Data EngineeringBig DataHadoop

Hadoop 2.3 Centralized Cache Feature Comparison to Spark RDD

A comparison of the new HDFS centralized cache management feature in Hadoop 2.3 with Spark RDDs, and why Spark still held the edge for in-memory processing.

28 February 2014 · 1 min read

Hadoop 2.3 introduced two notable features:

  • Heterogeneous Storage Hierarchy in HDFS (HDFS-2832)
  • In-memory Cache for HDFS data via DataNodes (HDFS-4949)

This post focuses on the centralized cache management feature in HDFS.

How It Works

The feature allows you to cache a particular HDFS directory into memory at the start of your job. Applications like Hive and Impala can then read data directly from memory. The existing approach was Short Circuit Reads (SCR), which allows SCR-aware applications to read directly from disk, bypassing the DataNode.

Sample command:

hdfs cacheadmin -addDirective -path <path> -pool <pool-name> [-force] [-replication <replication>] [-ttl <time-to-live>]
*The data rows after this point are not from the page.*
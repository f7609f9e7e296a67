-- ===== src/Dispatcher/Knowledge.antt =====
-- What the subscribers know of one part of the state, while procedures run that do not change it.
use Prim.Native.String.{String}
use openpressod.Prelude.{
  ℕ, Bool, true, false, inl, inr, ◌∙◌, not, none, some, Option, ◌≡◌, refl, ap, if_ind,
}
use openpressod.Messages.{
  HeatingStatus, BrewProfile, UserSettings, Event, power_state, brew_state, steam_mode_state,
  heater_state, brew_profile, user_settings, brew_progress,
}
use openpressod.Core.{Core, Readings}
use openpressod.Results.{ok, err, Done, done, Result-cases}
use openpressod.Files.{Json, Write}
use openpressod.Machine
use openpressod.Profiles
use openpressod.Settings
use openpressod.Reactor.{EventsStreamReactor, notify_changed}
use openpressod.Dispatcher.View.{
  View, view, see, view-notify_changed, All, All-map, All-append, All-remove_sink,
}
use openpressod.Dispatcher.Sync.{view-send_initial, full_view}
use openpressod.Dispatcher.{
  Dispatcher, Procedure, broadcast, broadcast_if, do_set_power_state, do_start_brew, do_stop_brew,
  do_set_steam_mode_state, toggle_brew_body, initial_events, send_all, add_sink, stop_brew_body,
  set_brew_profile_body, set_user_settings_body, run,
}

-- An event that does not touch what is looked at.
abbrev pub IsNeutral : {A : Type 0} → (View → Option A) → Event → Type 0
IsNeutral look e = (v : View) → look (see v e) ≡ look v

-- Neither the heating status nor the settings are told by these.
pub record IsApart {A : Type 0} (look : View → Option A) : Type 0 where
  pub power : (b : Bool) → IsNeutral look (power_state b)
  pub brew : (b : Bool) → IsNeutral look (brew_state b)
  pub steam : (b : Bool) → IsNeutral look (steam_mode_state b)
  pub profile : (p : BrewProfile) → IsNeutral look (brew_profile p)
  pub progress : (n : Option ℕ) → IsNeutral look (brew_progress n)

module _ {core : Core} {A : Type 0} {look : View → Option A} (apart : IsApart look)
    (value : A) where
  abbrev pub Knows : Dispatcher core → Type 0
  Knows d = All (λ s. look (view s) ≡ some value) d.events_sinks

  broadcast-Knows :
      (e : Event) (d : Dispatcher core) → IsNeutral look e → Knows d → Knows (broadcast e d)
  unfolding broadcast
  broadcast-Knows e d n v =
      All-map _ _ (notify_changed e) d.events_sinks
        (λ s h. ap look (view-notify_changed e s) ∙ n (view s) ∙ h) v

  broadcast_if-Knows :
      (e : Event) (x : Done) (d : Dispatcher core)
      → IsNeutral look e
      → Knows d
      → Knows (broadcast_if e (x, d)).1
  unfolding broadcast_if
  broadcast_if-Knows e (ok a) d n v = broadcast-Knows e d n v
  broadcast_if-Knows e (err y) d n v = v

  do_stop_brew-Knows : (r : Readings) (d : Dispatcher core) → Knows d → Knows (do_stop_brew r d)
  unfolding do_stop_brew
  do_stop_brew-Knows r d v =
      if_ind Knows (not (Machine.get_brew_state d.state_manager)) v
        (broadcast-Knows (brew_state false) _ (apart.brew false) v)

  do_start_brew-Knows : (r : Readings) (d : Dispatcher core) → Knows d → Knows (do_start_brew r d).1
  unfolding do_start_brew
  do_start_brew-Knows r d v = broadcast_if-Knows (brew_state true) _ _ (apart.brew true) v

  toggle_brew-Knows :
      (r : Readings) (d : Dispatcher core) → Knows d → Knows (toggle_brew_body r d).1
  unfolding toggle_brew_body
  toggle_brew-Knows r d v =
      if_ind (λ (x : Done × Dispatcher core). Knows x.1) (Machine.get_brew_state d.state_manager)
        (do_stop_brew-Knows r d v) (do_start_brew-Knows r d v)

  set_brew_profile_body-Knows :
      (json : Json) (p : BrewProfile) (w : String → Write) (r : Readings) (d : Dispatcher core)
      → Knows d
      → Knows (set_brew_profile_body json p w r d).1
  unfolding set_brew_profile_body
  set_brew_profile_body-Knows json p w r d v =
      elim (Result-cases (Profiles.save_profile json p w d.brew_profile_manager).0) [
        | inl (a, e) ↦ rw e (broadcast_if-Knows (brew_profile p) _ _ (apart.profile p) v)
        | inr (x, e) ↦ rw e (broadcast_if-Knows (brew_profile p) (err x) _ (apart.profile p) v)
      ]

  set_user_settings_body-Knows :
      (json : Json) (u : UserSettings) (w : String → Write) (r : Readings) (d : Dispatcher core)
      → IsNeutral look (user_settings u)
      → Knows d
      → Knows (set_user_settings_body json u w r d).1
  unfolding set_user_settings_body
  set_user_settings_body-Knows json u w r d n v =
      elim (Result-cases (Settings.save_settings json u w d.user_settings_manager).0) [
        | inl (a, e) ↦ rw e (broadcast_if-Knows (user_settings u) done _ n v)
        | inr (x, e) ↦ rw e (broadcast_if-Knows (user_settings u) (err x) _ n v)
      ]

  -- A new subscriber is told what is current.
  add_sink-Knows :
      (s : EventsStreamReactor) (d : Dispatcher core)
      → look (full_view d) ≡ some value
      → Knows d
      → Knows (add_sink s d)
  unfolding add_sink
  add_sink-Knows s d current v =
      All-append _ d.events_sinks (send_all (initial_events d) s) v
        (ap look (view-send_initial s d) ∙ current)

  -- A procedure that does not announce it leaves it as the subscribers know it.
  pub run-Knows :
      (json : Json) (r : Readings) (p : Procedure) (d : Dispatcher core)
      → ((x : HeatingStatus)
          → p ≡ Procedure.notify_heating_status_change x
          → IsNeutral look (heater_state x))
      → ((u : UserSettings) (w : String → Write)
          → p ≡ Procedure.call_set_user_settings u w
          → IsNeutral look (user_settings u))
      → look (full_view d) ≡ some value
      → Knows d
      → Knows (run json r p d).1
  unfolding run do_set_power_state do_set_steam_mode_state stop_brew_body
  run-Knows json r Procedure.toggle_power_state d h u c v = broadcast-Knows _ _ (apart.power _) v
  run-Knows json r (Procedure.set_power_state b) d h u c v = broadcast-Knows _ _ (apart.power b) v
  run-Knows json r Procedure.toggle_brew d h u c v = toggle_brew-Knows r d v
  run-Knows json r Procedure.start_brew d h u c v = do_start_brew-Knows r d v
  run-Knows json r Procedure.stop_brew d h u c v = do_stop_brew-Knows r d v
  run-Knows json r Procedure.toggle_steam_mode_state d h u c v =
      broadcast_if-Knows _ _ _ (apart.steam _) v
  run-Knows json r (Procedure.set_steam_mode_state b) d h u c v =
      broadcast_if-Knows _ _ _ (apart.steam b) v
  run-Knows json r (Procedure.add_events_stream_reactor s) d h u c v = add_sink-Knows s d c v
  run-Knows json r (Procedure.release_events_stream_reactor id) d h u c v =
      All-remove_sink _ id d.events_sinks v
  run-Knows json r (Procedure.notify_heating_status_change s) d h u c v =
      broadcast-Knows _ _ (h s refl) v
  run-Knows json r (Procedure.notify_brew_step_change k) d h u c v =
      broadcast-Knows _ _ (apart.progress (some k)) v
  run-Knows json r Procedure.brew_stopped d h u c v = do_stop_brew-Knows r d v
  run-Knows json r Procedure.call_reset_weight d h u c v = v
  run-Knows json r Procedure.call_get_brew_profile d h u c v = v
  run-Knows json r Procedure.call_get_power_state d h u c v = v
  run-Knows json r Procedure.call_get_brew_state d h u c v = v
  run-Knows json r Procedure.call_get_steam_mode_state d h u c v = v
  run-Knows json r Procedure.call_get_user_settings d h u c v = v
  run-Knows json r (Procedure.call_set_brew_profile p w) d h u c v =
      set_brew_profile_body-Knows json p w r d v
  run-Knows json r (Procedure.call_set_power_state b) d h u c v =
      broadcast-Knows _ _ (apart.power b) v
  run-Knows json r (Procedure.call_set_steam_mode_state b) d h u c v =
      broadcast_if-Knows _ _ _ (apart.steam b) v
  run-Knows json r Procedure.call_start_brew d h u c v = v
  run-Knows json r Procedure.call_stop_brew d h u c v = broadcast-Knows _ _ (apart.progress none) v
  run-Knows json r (Procedure.call_set_user_settings x w) d h u c v =
      set_user_settings_body-Knows json x w r d (u x w refl) v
Comparison with Spark RDDs

Compared to Spark’s model, RDDs are still superior because they maintain lineage for both transformations and writes happening on in-memory data. This means Spark can write intermediate data to RAM and work faster.

The HDFS cache management feature only boosts read performance. A few more improvements would be needed for Hadoop to match Spark in overall processing speed.

I am excited to see how downstream systems like Pig, Hive, and Impala will leverage this feature to process data faster. Things will keep getting better in the Hadoop ecosystem over the coming releases.